### [WHAT TO PRODUCE]
The word "Numbers" marks the lines to find; copy every such line from the data below.
━━━ THE DATA ━━━
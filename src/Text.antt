-- ===== src/Text.antt =====
-- Numbers as decimal text, as Rust's formatting writes them.
pub mod Decimal
pub mod Strings
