-- ===== src/Tokenize.antt =====
-- The tokenizer: `Parser::tokenize` of src/parser.rs, and how a token is shown.
--
-- The text is scanned by structural recursion inside a token, and from token to token on fuel.
pub mod Literals
pub mod Scan
pub mod Display
pub mod Ends
pub mod Words
pub mod Numbers
pub mod Shown
pub mod RoundTrip
pub mod Written
pub mod Again
pub mod Std
pub mod Tests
━━━
### [SOLVED EXERCISE]
-- Numbers as decimal text, as Rust's formatting writes them.
pub mod Numbers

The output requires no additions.